━━━━━ ENTRIES PROVIDED
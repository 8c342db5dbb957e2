-- ===== src/Definitions.antt =====
-- crates/oxidarr-prowl/src/definitions.rs: `DefinitionStore`, a read-through cache over a directory
-- of `<id>.yml` files. Reading a file and parsing its text are parameters; each read is logged.
pub mod Cache
pub mod Guard
use oxidarr.Common.{
  ℕ, ◌+◌, ◌==◌, Bool, true, false, not, ◌&&◌, ◌||◌, String, Option, none, some, List, [], ◌∷◌, ◌++◌,
  any, codes, Text, text_eq, if◌then◌else◌,
}
use oxidarr.Common.Outcome.{Outcome, ok, err}
use oxidarr.Common.Act.{Act, pure, fail, lift, ◌>>=◌, ◌>>◌}
use oxidarr.Model.{Definition}

pub data DefinitionError : Type 0 where
  io : Text → String → DefinitionError
  parse : Text → String → DefinitionError
  invalid_id : Text → DefinitionError

-- `std::fs` and `parse_definition`. `tick` counts the reads, since a file may change.
pub record Files : Type 0 where
  pub read_to_string : ℕ → Text → Outcome String Text
  pub parse_definition : Text → Outcome String Definition

-- The directory's path ends in its separator; `reads` are the paths read, in order.
pub record Store : Type 0 where
  pub dir : Text
  pub cache : List (Text × Definition)
  pub reads : List Text

abbrev pub slash : ℕ
slash = 47

abbrev pub backslash : ℕ
backslash = 92

-- `str::contains` of a two-byte needle.
unfoldable pub contains_pair : ℕ → ℕ → Text → Bool
contains_pair a b [] = false
contains_pair a b (c ∷ []) = false
contains_pair a b (c ∷ d ∷ rest) = c == a && d == b || contains_pair a b (d ∷ rest)

abbrev pub is_empty : Text → Bool
is_empty [] = true
is_empty (c ∷ rest) = false

unfoldable pub is_plain_stem : Text → Bool
unfolding contains_pair
is_plain_stem id =
    not (is_empty id)
    && not (text_eq id (codes "."))
    && not (any (λ c. c == slash || c == backslash) id)
    && not (contains_pair 46 46 id)

unfoldable pub validate_id : Text → Outcome DefinitionError (Unit {0})
validate_id id = if is_plain_stem id then ok tt else err (invalid_id id)

unfoldable pub cached : Text → List (Text × Definition) → Option Definition
cached id [] = none
cached id ((k, def) ∷ rest) = if text_eq k id then some def else cached id rest

-- `entry(id).or_insert(def)`: the definition that the cache holds afterwards.
unfoldable pub or_insert :
    Text → Definition → Option Definition → Act Store DefinitionError Definition
or_insert id def (some held) s = (ok held, s)
or_insert id def none s = (ok def, record s { cache = s.cache ++ (id, def) ∷ [] })

unfoldable pub cache_insert : Text → Definition → Act Store DefinitionError Definition
unfolding or_insert cached
cache_insert id def s = or_insert id def (cached id s.cache) s

-- `dir.join(format!("{id}.yml"))`
unfoldable pub path_of : Text → Text → Text
path_of dir id = dir ++ id ++ codes ".yml"

module _ (files : Files) where
  unfoldable pub parsed : Text → Outcome String Definition → Outcome DefinitionError Definition
  parsed path (ok def) = ok def
  parsed path (err source) = err (parse path source)

  unfoldable pub loaded : Text → Outcome String Text → Outcome DefinitionError Definition
  unfolding parsed
  loaded path (ok text) = parsed path (files.parse_definition text)
  loaded path (err source) = err (io path source)

  unfoldable pub load_definition : Text → Act Store DefinitionError Definition
  unfolding loaded path_of
  load_definition id s =
      let path = path_of s.dir id in
      (
        loaded path (files.read_to_string (count s.reads) path),
        record s { reads = s.reads ++ path ∷ [] },
      )
    where
      count : List Text → ℕ
      count reads = oxidarr.Common.length reads

  unfoldable pub load_and_insert : Text → Act Store DefinitionError Definition
  unfolding load_definition cache_insert
  load_and_insert id = do def ← load_definition id; cache_insert id def

  unfoldable pub held_or_load : Text → Option Definition → Act Store DefinitionError Definition
  unfolding load_and_insert
  held_or_load id (some def) = pure def
  held_or_load id none = load_and_insert id

  unfoldable pub get : Text → Act Store DefinitionError Definition
  unfolding validate_id cached held_or_load
  get id = do lift (validate_id id); λ s. held_or_load id (cached id s.cache) s

unfoldable pub refresh : Act Store DefinitionError (Unit {0})
refresh s = (ok tt, record s { cache = [] })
━━━━━━━━━━
**WHAT THE EXERCISE ASKS**.
Nothing is to be left out. Repeat the whole listing exactly.

**THE COMPLETED TASK**.
repository 8c342db5dbb957e2
-- ===== src/Definitions.antt =====
-- crates/oxidarr-prowl/src/definitions.rs: `DefinitionStore`, a read-through cache over a directory
-- of `<id>.yml` files. Reading a file and parsing its text are parameters; each read is logged.
pub mod Cache
pub mod Guard
use oxidarr.Common.{
  ℕ, ◌+◌, ◌==◌, Bool, true, false, not, ◌&&◌, ◌||◌, String, Option, none, some, List, [], ◌∷◌, ◌++◌,
  any, codes, Text, text_eq, if◌then◌else◌,
}
use oxidarr.Common.Outcome.{Outcome, ok, err}
use oxidarr.Common.Act.{Act, pure, fail, lift, ◌>>=◌, ◌>>◌}
use oxidarr.Model.{Definition}

pub data DefinitionError : Type 0 where
  io : Text → String → DefinitionError
  parse : Text → String → DefinitionError
  invalid_id : Text → DefinitionError

-- `std::fs` and `parse_definition`. `tick` counts the reads, since a file may change.
pub record Files : Type 0 where
  pub read_to_string : ℕ → Text → Outcome String Text
  pub parse_definition : Text → Outcome String Definition

-- The directory's path ends in its separator; `reads` are the paths read, in order.
pub record Store : Type 0 where
  pub dir : Text
  pub cache : List (Text × Definition)
  pub reads : List Text

abbrev pub slash : ℕ
slash = 47

abbrev pub backslash : ℕ
backslash = 92

-- `str::contains` of a two-byte needle.
unfoldable pub contains_pair : ℕ → ℕ → Text → Bool
contains_pair a b [] = false
contains_pair a b (c ∷ []) = false
contains_pair a b (c ∷ d ∷ rest) = c == a && d == b || contains_pair a b (d ∷ rest)

abbrev pub is_empty : Text → Bool
is_empty [] = true
is_empty (c ∷ rest) = false

unfoldable pub is_plain_stem : Text → Bool
unfolding contains_pair
is_plain_stem id =
    not (is_empty id)
    && not (text_eq id (codes "."))
    && not (any (λ c. c == slash || c == backslash) id)
    && not (contains_pair 46 46 id)

unfoldable pub validate_id : Text → Outcome DefinitionError (Unit {0})
validate_id id = if is_plain_stem id then ok tt else err (invalid_id id)

unfoldable pub cached : Text → List (Text × Definition) → Option Definition
cached id [] = none
cached id ((k, def) ∷ rest) = if text_eq k id then some def else cached id rest

-- `entry(id).or_insert(def)`: the definition that the cache holds afterwards.
unfoldable pub or_insert :
    Text → Definition → Option Definition → Act Store DefinitionError Definition
or_insert id def (some held) s = (ok held, s)
or_insert id def none s = (ok def, record s { cache = s.cache ++ (id, def) ∷ [] })

unfoldable pub cache_insert : Text → Definition → Act Store DefinitionError Definition
unfolding or_insert cached
cache_insert id def s = or_insert id def (cached id s.cache) s

-- `dir.join(format!("{id}.yml"))`
unfoldable pub path_of : Text → Text → Text
path_of dir id = dir ++ id ++ codes ".yml"

module _ (files : Files) where
  unfoldable pub parsed : Text → Outcome String Definition → Outcome DefinitionError Definition
  parsed path (ok def) = ok def
  parsed path (err source) = err (parse path source)

  unfoldable pub loaded : Text → Outcome String Text → Outcome DefinitionError Definition
  unfolding parsed
  loaded path (ok text) = parsed path (files.parse_definition text)
  loaded path (err source) = err (io path source)

  unfoldable pub load_definition : Text → Act Store DefinitionError Definition
  unfolding loaded path_of
  load_definition id s =
      let path = path_of s.dir id in
      (
        loaded path (files.read_to_string (count s.reads) path),
        record s { reads = s.reads ++ path ∷ [] },
      )
    where
      count : List Text → ℕ
      count reads = oxidarr.Common.length reads

  unfoldable pub load_and_insert : Text → Act Store DefinitionError Definition
  unfolding load_definition cache_insert
  load_and_insert id = do def ← load_definition id; cache_insert id def

  unfoldable pub held_or_load : Text → Option Definition → Act Store DefinitionError Definition
  unfolding load_and_insert
  held_or_load id (some def) = pure def
  held_or_load id none = load_and_insert id

  unfoldable pub get : Text → Act Store DefinitionError Definition
  unfolding validate_id cached held_or_load
  get id = do lift (validate_id id); λ s. held_or_load id (cached id s.cache) s

unfoldable pub refresh : Act Store DefinitionError (Unit {0})
refresh s = (ok tt, record s { cache = [] })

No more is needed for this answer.